For system (2.1), by using Lemma 2.1, it is clear to see that

$$ e^{\lambda t}u(t)=-{}_{0}I_{t}^{\alpha }e^{\lambda t}g(t)+c_{1}t^{\alpha -1}+c_{2}t^{ \alpha -2}+ \cdots+{c_{n-1}}t^{\alpha -(n-1)}+c_{n}t^{\alpha -n}. $$
(2.4)

From \(u(0)=0\), we obtain \(c_{n}=0\) and

$$ e^{\lambda t}u(t)=-{}_{0}I_{t}^{\alpha }e^{\lambda t}g(t)+c_{1}t^{\alpha -1}+c_{2}t^{ \alpha -2}+ \cdots+{c_{n-1}}t^{\alpha -(n-1)}. $$
(2.5)

Applying the Riemann–Liouville tempered fractional derivative operator \({{}_{0}^{R}\mathbb{D}}_{t}^{\gamma _{1},\lambda }\) on both sides of (2.5), and by Lemma 2.2, we can simply obtain

$$ \begin{aligned} {{}_{0}^{R} \mathbb{D}}_{t}^{\gamma _{1},\lambda }u(t)&={{}_{0}^{R} \mathbb{D}}_{t}^{\gamma _{1},\lambda } \bigl\{ -e^{-\lambda t}{{}_{0}I}_{t}^{\alpha }e^{\lambda t}g(t)+e^{-\lambda t} \bigl(c_{1}t^{\alpha -1}+c_{2}t^{ \alpha -2}+ \cdots+{c_{n-1}}t^{\alpha -(n-1)}\bigr) \bigr\} \\ &= e^{-\lambda t}{{}_{0}^{R}D}_{t}^{\gamma _{1}} \bigl\{ -{{}_{0}I}_{t}^{\alpha }e^{\lambda t}g(t)+c_{1}t^{\alpha -1}+c_{2}t^{\alpha -2}+ \cdots+{c_{n-1}}t^{ \alpha -(n-1)} \bigr\} \\ &=-e^{-\lambda t}{{}_{0}I}_{t}^{\alpha -\gamma _{1}} e^{\lambda t}g(t)+c_{1}e^{- \lambda t}{{}_{0}^{R}D}_{t}^{\gamma _{1}}t^{\alpha -1} \\ &\quad {}+c_{2}e^{-\lambda t}{{}_{0}^{R}D}_{t}^{\gamma _{1}}t^{\alpha -2}+ \cdots+{c_{n-1}}e^{- \lambda t}{{}_{0}^{R}D}_{t}^{\gamma _{1}}t^{\alpha -(n-1)} \\ &=\frac{-1}{\varGamma (\alpha -\gamma _{1})} \int _{0}^{t}(t-s)^{\alpha - \gamma _{1}-1}e^{\lambda (s-t)}g(s) \,ds+c_{1} \frac{\varGamma (\alpha )e^{-\lambda t}}{\varGamma (\alpha -\gamma _{1})}t^{ \alpha -1-\gamma _{1}} \\ &\quad {}+c_{2} \frac{\varGamma (\alpha -1)e^{-\lambda t}}{\varGamma (\alpha -1-\gamma _{1})}t^{ \alpha -2-\gamma _{1}}+\cdots +c_{n-1} \frac{\varGamma (\alpha -n+2)e^{-\lambda t}}{\varGamma (\alpha -n+2-\gamma _{1})}t^{ \alpha -n+1-\gamma _{1}}. \end{aligned} $$

From \({{}_{0}^{R}\mathbb{D}}_{t}^{\gamma _{1},\lambda } u(0)=0\) and \(n-2\leq \alpha -\gamma _{1}\leq n-1\), we obtain \(c_{n-1}=0\).
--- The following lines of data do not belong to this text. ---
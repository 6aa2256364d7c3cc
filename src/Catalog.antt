-- ===== src/Catalog.antt =====
-- The language catalogue: web/app/src/playground/data.ts, `langKeyFromId` of
-- web/app/src/shared/lang-icons.tsx, and `pickInitialLang` of web/app/src/playground/App.tsx.
pub mod Types
pub mod Core
pub mod Batch
pub mod Pick
pub mod Tables
pub mod Icons
mod Tests
use zero_code.Base.{ℕ, Bool, List, [], ◌∷◌, ◌++◌, Option, none, some, ◌==◌, if◌then◌else◌}
use zero_code.Base.Text.{Text, codes, text_eq}
use zero_code.Api.Status.{StatusKind, label}
use zero_code.Catalog.Types.{Lang}
use zero_code.Catalog.Batch.{
  bash_entry, lua_entry, perl_entry, ruby_entry, r_entry, php_entry, typescript_entry, kotlin_entry,
  scala_entry, csharp_entry, swift_entry, sql_entry, dart_entry,
}
use zero_code.Catalog.Core.{
  python_entry, node_entry, rust_entry, go_entry, c_entry, cpp_entry, java_entry,
}

abbrev pub lang_catalog : List Lang
lang_catalog =
    python_entry ∷ node_entry ∷ rust_entry ∷ go_entry ∷ c_entry ∷ cpp_entry ∷ java_entry
    ∷ bash_entry ∷ lua_entry ∷ perl_entry ∷ ruby_entry ∷ r_entry ∷ php_entry ∷ typescript_entry
    ∷ kotlin_entry ∷ scala_entry ∷ csharp_entry ∷ swift_entry ∷ sql_entry ∷ dart_entry ∷ []

module _ {ℓ} {A : Type ℓ} where
  -- `xs.find(p)`
  abbrev pub find : (A → Bool) → List A → Option A
  find p [] = none
  find p (x ∷ xs) = let rest = find p xs in if p x then some x else rest

  -- `xs.sort(…)`, which is stable; `le x y` says that the comparator puts `x` before `y` or ties.
  unfoldable pub insert : (A → A → Bool) → A → List A → List A
  insert le x [] = x ∷ []
  insert le x (y ∷ ys) = let rest = insert le x ys in if le x y then x ∷ y ∷ ys else y ∷ rest

  unfoldable pub sort : (A → A → Bool) → List A → List A
  unfolding insert
  sort le [] = []
  sort le (x ∷ xs) = insert le x (sort le xs)

-- `LANGS`; `name_le` is `localeCompare` of two names, at most 0.
unfoldable pub langs : (Text → Text → Bool) → List Lang
unfolding sort
langs name_le = sort (λ a b. name_le a.name b.name) lang_catalog

abbrev pub or_find : Option Lang → Option Lang → Option Lang
or_find none d = d
or_find (some l) d = some l

-- `LANGS[0]`
abbrev pub first : List Lang → Option Lang
first [] = none
first (l ∷ ls) = some l

-- `pickInitialLang` over the list of languages: the language of the share link, which is text, then
-- the one of the draft, then Rust, then the first. `to_text` is `String` of a number.
module _ (to_text : ℕ → Text) where
  -- An empty text in the link counts as none.
  abbrev pub shared_lang : Option Text → List Lang → Option Lang
  shared_lang (some (c ∷ s)) ls = find (λ l. text_eq (to_text l.id) (c ∷ s)) ls
  shared_lang _ ls = none

  abbrev pub draft_lang : Option ℕ → List Lang → Option Lang
  draft_lang none ls = none
  draft_lang (some i) ls = find (λ l. l.id == i) ls

  unfoldable pub pick_initial_lang : Option Text → Option ℕ → List Lang → Option Lang
  unfolding text_eq
  pick_initial_lang share draft ls = or_find (shared_lang share ls) (
      or_find (draft_lang draft ls)
        (or_find (find (λ l. text_eq l.name (codes "Rust")) ls) (first ls)))

-- `langKeyFromId`
unfoldable pub lang_key_from_id : ℕ → Option Text
lang_key_from_id i =
    if i == 48
    then some (codes "c")
    else if i == 52
    then some (codes "cpp")
    else if i == 60
    then some (codes "go")
    else if i == 62
    then some (codes "java")
    else if i == 63
    then some (codes "node")
    else if i == 71
    then some (codes "python")
    else if i == 73
    then some (codes "rust")
    else if i == 100
    then some (codes "bash")
    else if i == 101
    then some (codes "lua")
    else if i == 102
    then some (codes "perl")
    else if i == 103
    then some (codes "ruby")
    else if i == 104
    then some (codes "r")
    else if i == 105
    then some (codes "php")
    else if i == 106
    then some (codes "typescript")
    else if i == 120
    then some (codes "kotlin")
    else if i == 121
    then some (codes "scala")
    else if i == 140
    then some (codes "csharp")
    else if i == 152
    then some (codes "swift")
    else if i == 154
    then some (codes "sql")
    else if i == 163
    then some (codes "dart")
    else none

-- `VERDICT_LABEL[v]`; a string outside the union has no entry, and what shows is the string itself.
unfoldable pub verdict_label : StatusKind → Text
verdict_label StatusKind.idle = codes "idle"
verdict_label StatusKind.queued = codes "queued"
verdict_label StatusKind.processing = codes "processing"
verdict_label StatusKind.accepted = codes "accepted"
verdict_label StatusKind.tle = codes "time limit"
verdict_label StatusKind.mle = codes "memory limit"
verdict_label StatusKind.ole = codes "output limit"
verdict_label StatusKind.ce = codes "compile error"
verdict_label StatusKind.re = codes "runtime error"
verdict_label StatusKind.nze = codes "non-zero exit"
verdict_label StatusKind.se = codes "sandbox error"
verdict_label StatusKind.cancelled = codes "cancelled"
verdict_label StatusKind.expired = codes "expired"
verdict_label (StatusKind.other s) = s

-- `VERDICT_COLOR[v] || 'var(--fg-3)'`
unfoldable pub verdict_color : StatusKind → Text
verdict_color StatusKind.idle = codes "var(--fg-3)"
verdict_color StatusKind.queued = codes "var(--st-queued)"
verdict_color StatusKind.processing = codes "var(--st-processing)"
verdict_color StatusKind.accepted = codes "var(--st-accepted)"
verdict_color StatusKind.tle = codes "var(--st-tle)"
verdict_color StatusKind.mle = codes "var(--st-mle)"
verdict_color StatusKind.ole = codes "var(--st-tle)"
verdict_color StatusKind.ce = codes "var(--st-ce)"
verdict_color StatusKind.re = codes "var(--st-re)"
verdict_color StatusKind.nze = codes "var(--st-re)"
verdict_color StatusKind.se = codes "var(--st-se)"
verdict_color StatusKind.cancelled = codes "var(--fg-3)"
verdict_color StatusKind.expired = codes "var(--fg-3)"
verdict_color (StatusKind.other s) = codes "var(--fg-3)"
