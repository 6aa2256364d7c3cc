-- ===== src/Panel/Diff.antt =====
-- `lineDiff` of web/app/src/playground/TestsPanel.tsx.
pub mod Lines
pub mod Lcs
pub mod Optimal
use zero_code.Base.{
  ℕ, zero, suc, ◌+◌, max, Bool, true, false, ◌&&◌, List, [], ◌∷◌, map, ◌==◌, leb, if◌then◌else◌,
  length, get_or, drop, replicate,
}
use zero_code.Base.Text.{Text, text_eq, glue}

pub data LineKind : Type 0 where
  same add del : LineKind

pub record DiffLine : Type 0 where
  pub kind : LineKind
  pub text : Text

-- `s.split(/\r?\n/)`
unfoldable pub split_lines : Text → List Text
unfolding glue
split_lines [] = [] ∷ []
split_lines (c ∷ []) = if c == b'\n' then [] ∷ [] ∷ [] else (c ∷ []) ∷ []
split_lines (c ∷ d ∷ cs) = elim (c == b'\r' && d == b'\n') [
  | true ↦ [] ∷ split_lines cs
  | false ↦ let rest = split_lines (d ∷ cs) in if c == b'\n' then [] ∷ rest else glue c rest
]

-- The inner loop, from the last column to the first: a row of the table from the row below it,
-- both from column `j` on, where `ys` are the lines of `b` from `j` on.
unfoldable pub fill_row : Text → List Text → List ℕ → List ℕ
unfolding text_eq
fill_row x [] below = 0 ∷ []
fill_row x (y ∷ ys) below =
    let right = fill_row x ys (drop 1 below) in
    (if text_eq x y then get_or below 1 0 + 1 else max (get_or below 0 0) (get_or right 0 0))
    ∷ right

-- The outer loop, from the last row to the first.
unfoldable pub fill_table : List Text → List Text → List (List ℕ)
unfolding fill_row
fill_table [] ys = replicate (suc (length ys)) 0 ∷ []
fill_table (x ∷ xs) ys = let below = fill_table xs ys in fill_row x ys (get_or below 0 []) ∷ below

-- `dp[i][j]`
abbrev pub cell : List (List ℕ) → ℕ → ℕ → ℕ
cell dp i j = get_or (get_or dp i []) j 0

abbrev pub line : LineKind → Text → DiffLine
line k t = record { kind = k; text = t }

-- The three `while` loops; `xs` and `ys` are the lines from `i` and from `j` on.
unfoldable pub walk : List (List ℕ) → ℕ → ℕ → List Text → List Text → List DiffLine
unfolding text_eq
walk dp i j [] ys = map (line add) ys
walk dp i j (x ∷ xs) [] = map (line del) (x ∷ xs)
walk dp i j (x ∷ xs) (y ∷ ys) = elim (text_eq x y) [
  | true ↦ line same x ∷ walk dp (suc i) (suc j) xs ys
  | false ↦ elim (leb (cell dp i (suc j)) (cell dp (suc i) j)) [
    | true ↦ line del x ∷ walk dp (suc i) j xs (y ∷ ys)
    | false ↦ line add y ∷ walk dp i (suc j) (x ∷ xs) ys
  ]
]

unfoldable pub line_diff : Text → Text → List DiffLine
unfolding walk fill_table split_lines
line_diff a b =
    let aL = split_lines a in let bL = split_lines b in walk (fill_table aL bL) 0 0 aL bL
Similarly, we can deduce that \(c_{n-2}=c_{n-3}=\cdots =c_{2}=0\), therefore, (2.5) can be reduced as follows:

$$ \begin{aligned}[b] u(t)&=-e^{-\lambda t}{{}_{0}I}_{t}^{\alpha }e^{\lambda t}g(t)+c_{1}e^{- \lambda t}t^{\alpha -1} \\ &=-e^{-\lambda t} \int _{0}^{t} \frac{(t-s)^{\alpha -1}e^{\lambda s}}{\varGamma (\alpha )}g(s) \,ds+c_{1}e^{- \lambda t}t^{\alpha -1}. \end{aligned} $$
(2.6)

Furthermore, applying the Riemann–Liouville tempered fractional derivative operator \({{}_{0}^{R}\mathbb{D}}_{t}^{\beta _{i},\lambda }\) on both sides of (2.6), we obtain

$$ \begin{aligned}[b] {{}_{0}^{R} \mathbb{D}}_{t}^{\beta _{i},\lambda } u(t)&=-{{}_{0}^{R} \mathbb{D}}_{t}^{\beta _{i},\lambda }\bigl(e^{-\lambda t}{{}_{0}I}_{t}^{\alpha }e^{\lambda t}g(t) \bigr)+c_{1}{{}_{0}^{R} \mathbb{D}}_{t}^{\beta _{i}, \lambda }\bigl(e^{-\lambda t}t^{\alpha -1} \bigr) \\ &=-e^{-\lambda t}{{}_{0}^{R}D}_{t}^{\beta _{i}} \bigl({}_{0}I_{t}^{\alpha }e^{ \lambda t}g(t) \bigr)+c_{1}e^{-\lambda t}{{}_{0}^{R}D}_{t}^{\beta _{i}} \bigl(t^{ \alpha -1}\bigr) \\ &=-e^{-\lambda t}{{}_{0}I}_{t}^{\alpha -\beta _{i}} \bigl(e^{\lambda t}g(t)\bigr)+c_{1} \frac{\varGamma (\alpha )}{\varGamma (\alpha -\beta _{i})}e^{-\lambda t}t^{ \alpha -1-\beta _{i}} \\ &=- \int _{0}^{t} \frac{(t-s)^{\alpha -\beta _{i}-1}e^{\lambda (s-t)}}{\varGamma (\alpha -\beta _{i})}g(s) \,ds+c_{1} \frac{\varGamma (\alpha )}{\varGamma (\alpha -\beta _{i})}e^{-\lambda t}t^{ \alpha -1-\beta _{i}}. \end{aligned} $$
(2.7)

From (2.7), we can know that

$$\begin{aligned}& {{}_{0}^{R}\mathbb{D}}_{t}^{\beta _{1},\lambda } u(1)=- \int _{0}^{1} \frac{(1-s)^{\alpha -\beta _{1}-1}e^{\lambda (s-1)}}{\varGamma (\alpha -\beta _{1})}g(s) \,ds+c_{1} \frac{\varGamma (\alpha )}{\varGamma (\alpha -\beta _{1})}e^{-\lambda }, \end{aligned}$$
(2.8)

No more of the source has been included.